In the electronics manufacturing services environment, product design is “controlled” by 30 or more customers, plus the EMS company, which limits the degree to which Lean manufacturing initiatives can be implemented. In the EMS realm, there is often a need to tailor continuous improvement efforts based on individual customers’ products and objectives. Lean in this environment is more of a toolbox, where different groups of tools are used to support each customer. We’ve discussed many of these tools in our columns over the years. This month we look at how they can best be combined to deliver superior quality and service in a multi-customer environment.
Some disciplines are transparent to the customer and best applied holistically as the foundation for a Lean organization. These include:
• 5S or 5 Pillars philosophy (sorting, set in order, sweeping or shining, standardize and sustain). Setting up a clean factory and keeping it orderly are core concepts that drive efficiency and high quality by making inefficiency very visually obvious.
• Clear design guidelines. While not all customer designs will conform to best practices, every customer should be provided with design guidelines so they are aware of best practices. Guidelines that track closely to industry standards are more likely to be adopted than those that reflect a unique internal recipe.
• Lean practices in supply-chain management.
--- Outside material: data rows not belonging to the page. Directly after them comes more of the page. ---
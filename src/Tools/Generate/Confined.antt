-- ===== src/Tools/Generate/Confined.antt =====
-- No file outside the directory of the call.
use tfai_go.Base.{
  ◌≡◌, inl, inr, List, [], ◌∷◌, ◌++◌, Bytes, bytes_eq, has_prefix, length, ◌==◌, Result, ok, err,
  Bool-cases,
}
use tfai_go.Path.{separator, clean, join, dir}
use tfai_go.Path.Prefix.{Within, has_prefix-Within}
use tfai_go.Disk.{Tree, Os, write_file, mkdir_all}
use tfai_go.Disk.Same.{
  SameFile, SameFile-refl, SameFile-trans, write_file-SameFile, mkdir_all-SameFile,
}
use tfai_go.Tools.Generate.{
  NamedFile, GenerateInput, after_file, after_subdir, generate_file, then_file, generate_files,
  generate_report, in_root, generate_run,
}

module _ (os : Os) (other : Bytes) where
  after_file-SameFile :
      (start : Tree) (path : Bytes) (r : Tree × Result (Unit {0}))
      → SameFile r.0 start other
      → SameFile (after_file path r).0 start other
  unfolding after_file
  after_file-SameFile start path (tree, ok _) h = h
  after_file-SameFile start path (tree, err e) h = h

  after_subdir-SameFile :
      (start : Tree) (path : Bytes) (f : NamedFile) (r : Tree × Result (Unit {0}))
      → ¬ (path ≡ other)
      → SameFile r.0 start other
      → SameFile (after_subdir os path f r).0 start other
  unfolding after_subdir
  after_subdir-SameFile start path f (tree, ok _) ne h =
      after_file-SameFile start path (write_file os tree path f.content) (
        SameFile-trans (write_file os tree path f.content).0 tree start other
          (write_file-SameFile tree other os path f.content ne) h)
  after_subdir-SameFile start path f (tree, err e) ne h = h

  module _ (root : Bytes) (away : ¬ Within root other) where
    generate_file-SameFile :
        (tree : Tree) (f : NamedFile) → SameFile (generate_file os root tree f).0 tree other
    unfolding generate_file
    generate_file-SameFile tree f =
        let path = join root f.name in
        elim (Bool-cases (has_prefix (path ++ separator ∷ []) (root ++ separator ∷ []))) [
          | inl e ↦ rw e (
              after_subdir-SameFile tree path f (mkdir_all os tree (dir path))
                (λ same. away (rw same at (has_prefix-Within path root e)))
                (mkdir_all-SameFile tree other os (dir path)))
          | inr e ↦ rw e (SameFile-refl tree other)
        ]

    then_file-SameFile :
        (tree : Tree) (now : Tree × Result Bytes) (next : Tree → Bytes → Tree × Result (List Bytes))
        → SameFile now.0 tree other
        → ((after : Tree) (path : Bytes) → SameFile (next after path).0 after other)
        → SameFile (then_file now next).0 tree other
    unfolding then_file
    then_file-SameFile tree (after, ok path) next h k =
        SameFile-trans (next after path).0 after tree other (k after path) h
    then_file-SameFile tree (after, err e) next h k = h

    generate_files-SameFile :
        (tree : Tree) (written : List Bytes) (files : List NamedFile)
        → SameFile (generate_files os root tree written files).0 tree other
    unfolding generate_files
    generate_files-SameFile tree written [] = SameFile-refl tree other
    generate_files-SameFile tree written (f ∷ files) =
        then_file-SameFile tree (generate_file os root tree f) _ (generate_file-SameFile tree f)
          (λ after path. generate_files-SameFile after (written ++ path ∷ []) files)

  report-SameFile :
      (start : Tree) (dir : Bytes) (r : Tree × Result (List Bytes))
      → SameFile r.0 start other
      → SameFile (generate_report dir r).0 start other
  unfolding generate_report
  report-SameFile start dir (tree, ok written) h = h
  report-SameFile start dir (tree, err e) h = h

  in_root-SameFile :
      (start : Tree) (input : GenerateInput) (r : Tree × Result (Unit {0}))
      → ¬ Within (clean input.dir) other
      → SameFile r.0 start other
      → SameFile (in_root os input r).0 start other
  unfolding in_root
  in_root-SameFile start input (tree, err e) away h = h
  in_root-SameFile start input (tree, ok _) away h =
      report-SameFile start input.dir (generate_files os (clean input.dir) tree [] input.files) (
        SameFile-trans (generate_files os (clean input.dir) tree [] input.files).0 tree start other
          (generate_files-SameFile (clean input.dir) away tree [] input.files) h)

-- terraform_generate, whatever names and contents the model gives, in whatever order the map is walked,
-- and wherever it stops, neither makes, changes nor removes a file at a path that is not the cleaned
-- directory of the call or inside it.
pub generate_run-SameFile :
    (os : Os) (tree : Tree) (input : GenerateInput) (other : Bytes)
    → ¬ Within (clean input.dir) other
    → SameFile (generate_run os tree (ok input)).0 tree other
unfolding generate_run
generate_run-SameFile os tree input other away = elim (Bool-cases (bytes_eq input.dir [])) [
  | inl e ↦ rw e (SameFile-refl tree other)
  | inr e ↦ elim (Bool-cases (length input.files == 0)) [
    | inl n ↦ rw (e, n) (SameFile-refl tree other)
    | inr n ↦
        rw (e, n)
          (in_root-SameFile os other tree input (mkdir_all os tree (clean input.dir)) away
            (mkdir_all-SameFile tree other os (clean input.dir)))
  ]
]
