-- ===== src/Tools/Tests.antt =====
-- Runs of the tools at concrete inputs.
use tfai_go.Base.{◌≡◌, refl, List, [], ◌∷◌, Bytes, codes, none, pos, true, ok, has_prefix}
use tfai_go.Path.{clean}
use tfai_go.Path.Prefix.{Within, Within-refused}
use tfai_go.Disk.{Tree, Os, missing}
use tfai_go.Disk.Same.{SameFile}
use tfai_go.Tools.{Exec, PlanInput, StateInput}
use tfai_go.Tools.Generate.{GenerateInput, generate_run}
use tfai_go.Tools.Generate.Confined.{generate_run-SameFile}

abbrev exec : Exec
exec command = ok (record { stdout = codes "done"; stderr = []; exit_code = pos 1 })

abbrev plan : PlanInput
plan = record { dir = codes "/w"; var_files = codes "a.tfvars" ∷ []; destroy = true }

abbrev state : StateInput
state = record { dir = codes "/w"; subcommand = codes "show"; resource = codes "r.a" }

abbrev os : Os
os = record {
  write_error = λ tree path. none;
  mkdir_error = λ tree path. none;
  read_error = λ tree path. none;
  stat_error = λ tree path. none;
}

abbrev tree : Tree
tree path = missing

abbrev input : GenerateInput
input = record {
  dir = codes "/w";
  files =
      record { name = codes "main.tf"; content = codes "x" }
      ∷ record { name = codes "../e/m.tf"; content = codes "y" }
      ∷ [];
}

abbrev outer : Bytes
outer = codes "/e/m.tf"

outer_outside : ¬ Within (clean input.dir) outer
unfolding tfai_go.Path.clean tfai_go.Path.render tfai_go.Path.elements tfai_go.Path.push_element
    tfai_go.Path.up tfai_go.Path.join_elements tfai_go.Path.is_abs has_prefix tfai_go.Base.split
    tfai_go.Base.push_head tfai_go.Base.bytes_eq
outer_outside = Within-refused outer (clean input.dir) refl

generate_run-SameFile_example : SameFile (generate_run os tree (ok input)).0 tree outer
generate_run-SameFile_example = generate_run-SameFile os tree input outer outer_outside
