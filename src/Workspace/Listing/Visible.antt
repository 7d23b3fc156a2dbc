-- ===== src/Workspace/Listing/Visible.antt =====
-- Which files GET /api/workspace lists.
use tfai_go.Base.{
  ◌≡◌, ◌≢◌, refl, ◌⊎◌, inl, inr, ◌↔◌, true, false, Option, some, List, [], ◌∷◌, ◌++◌, Bytes, codes,
  Result, ok, err, Bool-cases,
}
use tfai_go.Disk.{Tree, Node, missing, directory, file}
use tfai_go.Path.{clean, is_abs}
use tfai_go.Path.Prefix.{Within}
use tfai_go.Workspace.{resolve_abs_dir, confine_rest}
use tfai_go.Workspace.Scaffold.Written.{confined_dir}
use tfai_go.Workspace.Listing.{
  Dirent, Dirents, plain, nested, nil, cons, name_of, WorkspaceResponse, is_terraform, relative,
  visit_file, skip_directory, is_hidden, visit, visit_all, no_response, listed, walked, list_node,
  list_confined, handle_workspace,
}

abbrev pub IsAmong : Bytes → List Bytes → Type 0
IsAmong path [] = ⊥
IsAmong path (p ∷ ps) = (path ≡ p) ⊎ IsAmong path ps

mutual
  -- A Terraform file of the entry, at the path: no directory on the way to it is hidden.
  pub IsVisible : Bytes → Dirent → Bytes → Type 0
  IsVisible rel (plain name) path = (is_terraform name ≡ true) × (path ≡ rel)
  IsVisible rel (nested name entries) path = (is_hidden name ≡ false) × IsVisibleIn rel entries path

  pub IsVisibleIn : Bytes → Dirents → Bytes → Type 0
  IsVisibleIn rel nil path = ⊥
  IsVisibleIn rel (cons e entries) path =
      IsVisible (relative rel (name_of e)) e path ⊎ IsVisibleIn rel entries path

IsAmong-append :
    (path rel : Bytes) (ps : List Bytes)
    → IsAmong path (ps ++ rel ∷ []) ↔ (IsAmong path ps ⊎ (path ≡ rel))
IsAmong-append path rel [] = (
  λ h. elim h [ inl e ↦ inr e | inr k ↦ absurd k ],
  λ h. elim h [ inl k ↦ absurd k | inr e ↦ inl e ],
)
IsAmong-append path rel (p ∷ ps) =
    let (to, from) = IsAmong-append path rel ps in
    (
      λ h. elim h [
        | inl e ↦ inl (inl e)
        | inr k ↦ elim (to k) [ inl a ↦ inl (inr a) | inr e ↦ inr e ]
      ],
      λ h. elim h [
        | inl a ↦ elim a [ inl e ↦ inl e | inr k ↦ inr (from (inl k)) ]
        | inr e ↦ inr (from (inr e))
      ],
    )

-- What a visit adds to the files.
abbrev Adds : Bytes → WorkspaceResponse → WorkspaceResponse → Type 0 → Type 0
Adds path before after Shown = IsAmong path after.files ↔ (IsAmong path before.files ⊎ Shown)

visit_file-Adds :
    (path rel name : Bytes) (resp : WorkspaceResponse)
    → Adds path resp (visit_file rel name resp) ((is_terraform name ≡ true) × (path ≡ rel))
unfolding visit_file
visit_file-Adds path rel name resp = elim (Bool-cases (is_terraform name)) [
  | inl t ↦
      let (to, from) = IsAmong-append path rel resp.files in
      rw t (
        λ h. elim (to h) [ inl a ↦ inl a | inr e ↦ inr (refl, e) ],
        λ h. elim h [ inl a ↦ from (inl a) | inr (t', e) ↦ from (inr e) ],
      )
  | inr f ↦ rw f (λ h. inl h, λ h. elim h [ inl a ↦ a | inr (t, e) ↦ cc ])
]

mutual
  unfolding visit visit_all skip_directory IsVisible

  visit-Adds :
      (path rel : Bytes) (e : Dirent) (resp : WorkspaceResponse)
      → Adds path resp (visit rel e resp) (IsVisible rel e path)
  visit-Adds path rel (plain name) resp = visit_file-Adds path rel name resp
  visit-Adds path rel (nested name entries) resp =
      let (to, from) = visit_all-Adds path rel entries resp in
      elim (Bool-cases (is_hidden name)) [
        | inl t ↦ rw t (λ h. inl h, λ h. elim h [ inl a ↦ a | inr (f, v) ↦ cc ])
        | inr f ↦ rw f (
          λ h. elim (to h) [ inl a ↦ inl a | inr v ↦ inr (refl, v) ],
          λ h. elim h [ inl a ↦ from (inl a) | inr (f', v) ↦ from (inr v) ],
        )
      ]

  visit_all-Adds :
      (path rel : Bytes) (entries : Dirents) (resp : WorkspaceResponse)
      → Adds path resp (visit_all rel entries resp) (IsVisibleIn rel entries path)
  visit_all-Adds path rel nil resp = (λ h. inl h, λ h. elim h [ inl a ↦ a | inr v ↦ absurd v ])
  visit_all-Adds path rel (cons e entries) resp =
      let next = visit (relative rel (name_of e)) e resp in
      let (to, from) = visit-Adds path (relative rel (name_of e)) e resp in
      let (to_all, from_all) = visit_all-Adds path rel entries next in
      (
        λ h. elim (to_all h) [
          | inl a ↦ elim (to a) [ inl k ↦ inl k | inr v ↦ inr (inl v) ]
          | inr v ↦ inr (inr v)
        ],
        λ h. elim h [
          | inl a ↦ from_all (inl (from (inl a)))
          | inr v ↦ elim v [ inl w ↦ from_all (inl (from (inr w))) | inr w ↦ from_all (inr w) ]
        ],
      )

-- A walk from the root lists exactly the visible files.
walked-IsVisible :
    (e : Dirent) (path : Bytes)
    → IsAmong path (walked (some e)).files ↔ IsVisible (codes ".") e path
unfolding walked
walked-IsVisible e path =
    let (to, from) = visit-Adds path (codes ".") e no_response in
    (λ h. elim (to h) [ inl k ↦ absurd k | inr v ↦ v ], λ v. from (inr v))

list_node-listed :
    (walk : Bytes → Option Dirent) (d dir : Bytes) (node : Node) (resp : WorkspaceResponse)
    → list_node walk d node ≡ listed dir resp
    → (d ≡ dir) × (node ≢ missing) × (resp ≡ walked (walk d))
unfolding list_node
list_node-listed walk d dir missing resp h = cc
list_node-listed walk d dir directory resp h = (cc, λ k. cc, cc)
list_node-listed walk d dir (file content) resp h = (cc, λ k. cc, cc)

list_confined-listed :
    (walk : Bytes → Option Dirent) (tree : Tree) (dir : Bytes) (r : Result Bytes)
    (resp : WorkspaceResponse)
    → list_confined walk tree r ≡ listed dir resp
    → (r ≡ ok dir) × (tree dir ≢ missing) × (resp ≡ walked (walk dir))
unfolding list_confined
list_confined-listed walk tree dir (err message) resp h = cc
list_confined-listed walk tree dir (ok d) resp h =
    let (same, there, resp_is) = list_node-listed walk d dir (tree d) resp h in
    (rw same refl, rw (← same) there, rw (← same) resp_is)

-- GET /api/workspace lists files only for a path where there is something, which may be a regular file; that is
-- the requested one, cleaned; that is absolute; and that is inside the root if one is configured. Where the walk
-- reaches the path, it lists exactly the paths of the files with the extension .tf or .tfvars that have no hidden
-- directory above them, the walked one itself included.
pub handle_workspace-listed :
    (walk : Bytes → Option Dirent) (workspace_root : Bytes) (tree : Tree) (raw dir : Bytes)
    (resp : WorkspaceResponse) (e : Dirent)
    → handle_workspace walk workspace_root tree raw ≡ listed dir resp
    → walk dir ≡ some e
    → (dir ≡ clean raw)
      × (is_abs dir ≡ true)
      × (workspace_root ≢ [] → Within (clean workspace_root) dir)
      × (tree dir ≢ missing)
      × ((path : Bytes) → IsAmong path resp.files ↔ IsVisible (codes ".") e path)
unfolding handle_workspace
handle_workspace-listed walk workspace_root tree raw dir resp e h w =
    let (given, there, resp_is) =
      list_confined-listed walk tree dir (confine_rest workspace_root (resolve_abs_dir raw)) resp
        h in
    let (same, rooted, within) =
      confined_dir workspace_root raw dir (resolve_abs_dir raw) refl given in
    (same, rooted, within, there, λ path. rw (resp_is, w) (walked-IsVisible e path))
At a holistic level, there should be a clear vision of optimum raw material lot sizes, a standardized forecasting methodology and a supply-chain management strategy that encourages suppliers to support Lean initiatives.
Personnel cross-training. Training personnel in multiple operations so that they can be shifted to various operations as needed helps optimize capacity by providing a fast way to eliminate bottlenecks.
• Continuous improvement training. Training in problem-solving disciplines such as Six Sigma can be done holistically; however, the application of these techniques may be very focused.
• Point of use stocking. Obtaining extra feeders and doing line side stocking to minimize changeover time can be beneficial across the board.
Other disciplines are best used in more focused approaches:
• Standardized equipment platforms. While standardizing on core equipment platforms throughout an organization can create highly efficient factories and reduce capital expenditure requirements, it can be impractical when a diverse mix of customers is present. Focusing on minimizing variation as a holistic goal, while configuring lines and work cells to best meet the needs of each facility’s customer base, can be more practical. Standardization of SMT equipment, rail widths and functional test platforms to the extent practical can increase schedule flexibility and minimize bottlenecks. Standardizing functional test platforms can minimize maintenance costs and reduce both fixturing costs and fixture lead-time.
• Application of Six Sigma techniques. While some companies make the search for kaizen events a mission in itself, in the EMS environment, Six Sigma techniques may be more powerful as a tool for addressing specific customer issues rapidly. For example, when one of our teams applied Six Sigma’s Define, Measure, Analyze, Improve, Control (DMAIC) approach to a quality issue in our facility in Juarez, Mexico, it was determined that the root cause was illumination values that were causing misaligned placement against the pads on certain BGAs and ICs. As a result, the team was able to rapidly correct the problem.
• DfM/DfT recommendations. Development of design guidelines should be done holistically. Specific DfM/DfT recommendations should be made on a customer-by-customer basis. EPIC Technologies uses a 5-point ranking scale to make it easier for customers to understand the level at which noncompliance will impact product quality.
• Lean supply chain management philosophy. The concept of setting material bonds for raw material with the supply base and holding finished goods kanbans for each customer is a good holistic practice, but the reality is that this will also need to be customized and often modified for each customer. Additionally, many customers will have some suppliers on their approved vendor list (AVL) not willing to comply with preferred Lean practices.
• Value Analysis Value Engineering (VAVE). This is perhaps the most powerful technique for applying Lean philosophy on a customer-by-customer basis, because it educates and motivates the customer’s team through a collaborative brain-storming improvement process with defined cost benefits over time.
Taking a customized approach to Lean manufacturing philosophy, and using some tools universally while tailoring others for customers willing to optimize their product design, supply base and product-ordering patterns, provides the best of both worlds. It provides immediate benefits to customers wishing to fully utilize the toolbox, while providing a scalable solution to those who may be willing to integrate Lean principles into their designs over time.